Service level checks monitor the service itself, most often through a pre-defined healthcheck endpoint such as /healthcheck. You would configure a service check to perform a HTTP GET against that endpoint, and if a 200 response isn't provided, emit an alert for the bad state.

Here are some other basic examples to consider for setting up a healthcheck:

  1. Check the service documentation (or build one into your service) for a pre-existing healthcheck endpoint
  2. If the service is a web service or has any HTTP endpoints, consider using those as a target for a healtcheck.
  3. If the service outputs logs to disk or syslog you can monitor the logs for keywords that indicate a fault or monitor for a log that has not been updated for a certain interval
  4. If the service has a load balancer in front of it, for example an Amazon ELB or Google NLB, you can monitor responses from the server from the metrics they provide you.

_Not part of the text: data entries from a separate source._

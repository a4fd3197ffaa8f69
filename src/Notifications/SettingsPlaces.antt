-- ===== src/Notifications/SettingsPlaces.antt =====
-- That app/notifications/api.py put_settings keeps to the ten places on the shared mail account.
use job_ping.Base.{
  ℕ, ◌≤◌, ◌<◌, ◌≡◌, refl, ap, ◌∙◌, ◌⊎◌, inl, inr, Bool, true, false, not, ◌&&◌, List, [], ◌∷◌,
  arith, All, nat_eq, Bool-cases, Text, list_eq, ok,
}
use mathlib.Core.Path.{subst}
use job_ping.Notifications.Models.{DeliveryKind, Subscriber, Provider, Mailbox}
use job_ping.Notifications.Budget.{is_shared}
use job_ping.Notifications.Claims.{change_user, set_user}
use job_ping.Notifications.Cutoff.{Zone}
use job_ping.Notifications.Admitted.{Caller}
use job_ping.Notifications.Preferences.{
  cancel_unless, cancel_kind, Settings, has_place, others_placed, is_full, enrols, write_settings,
  settle_settings, with_settings,
}
use job_ping.Notifications.MatchAll.{match_backlog}
use job_ping.Notifications.MatchEnds.{match_backlog-subscribers}
use job_ping.Notifications.Rows.{
  placed, KeepsId, change-Apart, placed-change, placed-others, HaveProvider, All-of,
}
use job_ping.Notifications.Places.{HasPlaces, GivesNone, IsAdmitted}

with_settings-off :
    (zones : Text → Zone) (now : ℕ) (s : Settings)
    → enrols s ≡ false
    → GivesNone (with_settings zones now s)
unfolding with_settings has_place enrols
with_settings-off zones now s h u k = absurd (ground arith)

provider-cases : (p : Provider) → (p ≡ Provider.shared) ⊎ (p ≡ Provider.byok)
provider-cases Provider.shared = inl refl
provider-cases Provider.byok = inr refl

own-place :
    (zones : Text → Zone) (now : ℕ) (s : Settings) (u : Subscriber)
    → u.provider ≡ Provider.byok
    → ¬ (has_place (with_settings zones now s u) ≡ true)
unfolding with_settings has_place is_shared
own-place zones now s u e k =
    let own : is_shared u.provider ≡ false = ap is_shared e in ground (arith, own)

byok-none :
    (zones : Text → Zone) (now : ℕ) (s : Settings) (id : ℕ) (us : List Subscriber)
    → HaveProvider id Provider.byok us
    → All
        (λ (u : Subscriber).
          u.id ≡ id → has_place (with_settings zones now s u) ≡ true → has_place u ≡ true)
        us
unfolding with_settings has_place is_shared
byok-none zones now s id [] h = tt
byok-none zones now s id (u ∷ us) h =
    (λ e k. absurd (own-place zones now s u (h.0 e) k), byok-none zones now s id us h.1)

cancelled-subscribers :
    (b : Bool) (user : ℕ) (kind : DeliveryKind) (m : Mailbox)
    → (cancel_unless b user kind m).subscribers ≡ m.subscribers
unfolding cancel_unless cancel_kind
cancelled-subscribers true user kind m = refl
cancelled-subscribers false user kind m = refl

-- The subscribers after put_settings: the caller's row is changed.
written-subscribers :
    (zones : Text → Zone) (now : ℕ) (s : Settings) (user : ℕ) (m : Mailbox)
    → (write_settings zones now s user m).subscribers
      ≡ change_user user (with_settings zones now s) m.subscribers
unfolding write_settings set_user
written-subscribers zones now s user m =
    let matched = match_backlog now m in
    let alerted = cancel_unless s.alerts user DeliveryKind.alert matched in
    ap (change_user user (with_settings zones now s)) (
      cancelled-subscribers s.recap user DeliveryKind.recap alerted
      ∙ cancelled-subscribers s.alerts user DeliveryKind.alert matched
      ∙ match_backlog-subscribers now m)

settings-KeepsId :
    (zones : Text → Zone) (now : ℕ) (s : Settings) → KeepsId (with_settings zones now s)
unfolding with_settings
settings-KeepsId zones now s u = refl

free-places :
    (id : ℕ) (u : Subscriber) (m : Mailbox)
    → u.id ≡ id
    → u.provider ≡ Provider.shared
    → is_full u m ≡ false
    → others_placed id m.subscribers < 10
unfolding is_full is_shared
free-places id u m i e h =
    let same : others_placed u.id m.subscribers ≡ others_placed id m.subscribers =
      ap (λ (i : ℕ). others_placed i m.subscribers) i in
    let shared : is_shared u.provider ≡ true = ap is_shared e in ground (arith, same, shared)

settings-placed :
    (zones : Text → Zone) (now : ℕ) (s : Settings) (id : ℕ) (u : Subscriber) (m : Mailbox)
    → IsAdmitted id (ok u, m)
    → (enrols s && is_full u m) ≡ false
    → placed (change_user id (with_settings zones now s) m.subscribers) ≤ 10
settings-placed zones now s id u m (h, i, p) full =
    let f = with_settings zones now s in
    let k = settings-KeepsId zones now s in
    elim (Bool-cases (enrols s)) [
      | inl t ↦ elim (provider-cases u.provider) [
        | inl e ↦
            let others : others_placed id m.subscribers < 10 =
              free-places id u m i e (ground arith) in
            omega (arith, placed-others id f k m.subscribers h.one_row, others)
        | inr e ↦ omega (
          arith,
          placed-change id f k m.subscribers (
              byok-none zones now s id m.subscribers
                (subst (λ (q : Provider). HaveProvider id q m.subscribers) e p)),
          h.places,
        )
      ]
      | inr t ↦ omega (
        arith,
        placed-change id f k m.subscribers (
            All-of (λ (u : Subscriber). u.id ≡ id → has_place (f u) ≡ true → has_place u ≡ true)
              m.subscribers (λ u e. with_settings-off zones now s t u)),
        h.places,
      )
    ]

pub settle-HasPlaces :
    (zones : Text → Zone) (now : ℕ) (s : Settings) (who : Caller) (u : Subscriber) (m : Mailbox)
    → IsAdmitted who.uid (ok u, m)
    → HasPlaces (settle_settings zones now s who u m).1
unfolding settle_settings
settle-HasPlaces zones now s who u m h = elim (Bool-cases (enrols s && not who.verified)) [
  | inl t ↦ rw t (h.0)
  | inr t ↦ elim (Bool-cases (enrols s && u.suppressed)) [
    | inl k ↦ rw (t, k) (h.0)
    | inr k ↦ elim (Bool-cases (enrols s && is_full u m)) [
      | inl l ↦ rw (t, k, l) (h.0)
      | inr l ↦
          rw (t, k, l)
            (record {
              one_row = rw (written-subscribers zones now s who.uid m) (
                  change-Apart who.uid (with_settings zones now s) (settings-KeepsId zones now s)
                    m.subscribers h.0.one_row);
              places =
                  rw (written-subscribers zones now s who.uid m)
                    (settings-placed zones now s who.uid u m h l);
            })
    ]
  ]
]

In large distributed environments, it is common to collect stats into time series databases such as Graphite or InfluxDB. Your monitoring server regularly checks specific metrics over a set period for anomalies.

Using ICMP is not an ideal check as it's the most basic form of a host level check. It won't report the status of the service itself and should be one of your last options.

Update I saw that this answer was marked as not answering the original question which surprised me a bit. I'll be more direct. Don't use ICMP to monitor host level stats for the reasons I mentioned above.